__TASK DIRECTIONS__:
Copy each line of the records below that mentions the word "reported".
━━━━━━━━
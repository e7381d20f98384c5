-- ===== src/Optimizer/Indexes/Backed.antt =====
-- What the index experiments may recommend.
use queryforge.Prelude.{
  ℕ, zero, suc, ◌≤◌, ◌≡◌, refl, Bool, true, false, List, [], ◌∷◌, All, length, is_empty, Bool-cases,
  inl, inr, arith,
}
use queryforge.Prelude.Float.{FloatOps}
use queryforge.Prelude.Sort.{All-sort_stable, length-sort_stable}
use queryforge.Engine.{Outcome, done, fault, Measurement}
use queryforge.Engine.Experiment.{with_hypothetical_index}
use queryforge.Rules.{Finding}
use queryforge.Optimizer.{Baseline, improvement_pct}
use queryforge.Optimizer.Indexes.{
  IndexExperiment, Lab, measure_inside, measure_if, measure_index, conclude, concluded, reported,
  experiment_loop, gains_more, run_index_experiments,
}

module _ {F E : Type 0} (fl : FloatOps F) (lab : Lab F E) (base : Baseline F) where
  -- An experiment is not recommended, or is the conclusion from a measurement with the index in
  -- place that was in time, with a gain that is not below the threshold.
  pub data IsBacked (x : IndexExperiment F) : Type 0 where
    not_recommended : x.recommended ≡ false → IsBacked x
    measured_gain :
        (before : E) (ms : ℕ) (m : Measurement F)
        → lab.is_postgres ≡ true
        → (with_hypothetical_index lab.driver lab.set_timeout x.ddl
            (measure_inside fl lab base before)
            before).0
          ≡ done (ms, m)
        → x ≡ conclude fl lab base x.ddl x.table ms m
        → fl.lt (improvement_pct fl base.measured.median_ms m.median_ms) lab.min_improvement_pct
          ≡ false
        → IsBacked x

  concluded-IsBacked :
      (f : Finding) (e : E) (o : Outcome (ℕ × Measurement F))
      → lab.is_postgres ≡ true
      → (with_hypothetical_index lab.driver lab.set_timeout f.suggested_index
          (measure_inside fl lab base e)
          e).0
        ≡ o
      → IsBacked (reported fl lab base f (concluded fl lab base f.suggested_index f.table o))
  concluded-IsBacked f e (fault t) pg q = elim (Bool-cases (lab.says_unavailable t)) [
    | inl u ↦ not_recommended (rw u refl)
    | inr u ↦ not_recommended (rw u refl)
  ]
  concluded-IsBacked f e (done (ms, m)) pg q =
      elim (Bool-cases
        (fl.lt (improvement_pct fl base.measured.median_ms m.median_ms) lab.min_improvement_pct)) [
          | inl poor ↦ not_recommended (unfold conclude in rw poor refl)
          | inr good ↦ measured_gain e ms m pg (unfold conclude in q) (unfold conclude in refl) good
        ]

  measure_if-IsBacked :
      (f : Finding) (e : E) (b : Bool)
      → lab.is_postgres ≡ b
      → IsBacked (reported fl lab base f (measure_if fl lab base b f.suggested_index f.table e).0)
  unfolding measure_if
  measure_if-IsBacked f e false no_pg = not_recommended refl
  measure_if-IsBacked f e true pg =
      concluded-IsBacked f e
        (with_hypothetical_index lab.driver lab.set_timeout f.suggested_index
          (measure_inside fl lab base e) e).0
        pg refl

  loop-IsBacked :
      (budget : ℕ) (fs : List Finding) (e : E)
      → All IsBacked (experiment_loop fl lab base budget fs e).0
  unfolding experiment_loop measure_index
  loop-IsBacked budget [] e = tt
  loop-IsBacked zero (f ∷ fs) e = elim (Bool-cases (is_empty f.suggested_index)) [
    | inl skip ↦ rw (experiment_loop, skip) (loop-IsBacked zero fs e)
    | inr stop ↦ rw (experiment_loop, stop) tt
  ]
  loop-IsBacked (suc left) (f ∷ fs) e = elim (Bool-cases (is_empty f.suggested_index)) [
    | inl skip ↦ rw (experiment_loop, skip) (loop-IsBacked (suc left) fs e)
    | inr go ↦
        rw (experiment_loop, go)
          (
            measure_if-IsBacked f e lab.is_postgres refl,
            loop-IsBacked left fs (measure_index fl lab base f.suggested_index f.table e).1,
          )
  ]

  loop_budget :
      (budget : ℕ) (fs : List Finding) (e : E)
      → length (experiment_loop fl lab base budget fs e).0 ≤ budget
  unfolding experiment_loop
  loop_budget budget [] e = omega arith
  loop_budget zero (f ∷ fs) e = elim (Bool-cases (is_empty f.suggested_index)) [
    | inl skip ↦ rw (experiment_loop, skip) (loop_budget zero fs e)
    | inr stop ↦ rw (experiment_loop, stop) (omega arith)
  ]
  loop_budget (suc left) (f ∷ fs) e = elim (Bool-cases (is_empty f.suggested_index)) [
    | inl skip ↦ rw (experiment_loop, skip) (loop_budget (suc left) fs e)
    | inr go ↦
        rw (experiment_loop, go)
          (omega
            (arith, loop_budget left fs (measure_index fl lab base f.suggested_index f.table e).1))
  ]

  -- The experiments of a run are at most as many as the budget, and each is backed: it is not
  -- recommended, or it was measured in time on Postgres with the index in place, and its gain is not
  -- below the threshold.
  pub experiments-are-IsBacked :
      (budget : ℕ) (fs : List Finding) (e : E)
      → All IsBacked (run_index_experiments fl lab base budget fs e).0
        × (length (run_index_experiments fl lab base budget fs e).0 ≤ budget)
  unfolding run_index_experiments
  experiments-are-IsBacked budget fs e = (
    All-sort_stable (gains_more fl lab base) IsBacked (experiment_loop fl lab base budget fs e).0
        (loop-IsBacked budget fs e),
    rw (length-sort_stable (gains_more fl lab base) (experiment_loop fl lab base budget fs e).0)
        (loop_budget budget fs e),
  )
━━━━━━━━
__ANSWER TO THIS EXERCISE__:
  IndexExperiment, Lab, measure_inside, measure_if, measure_index, conclude, concluded, reported,
      → IsBacked (reported fl lab base f (concluded fl lab base f.suggested_index f.table o))
      → IsBacked (reported fl lab base f (measure_if fl lab base b f.suggested_index f.table e).0)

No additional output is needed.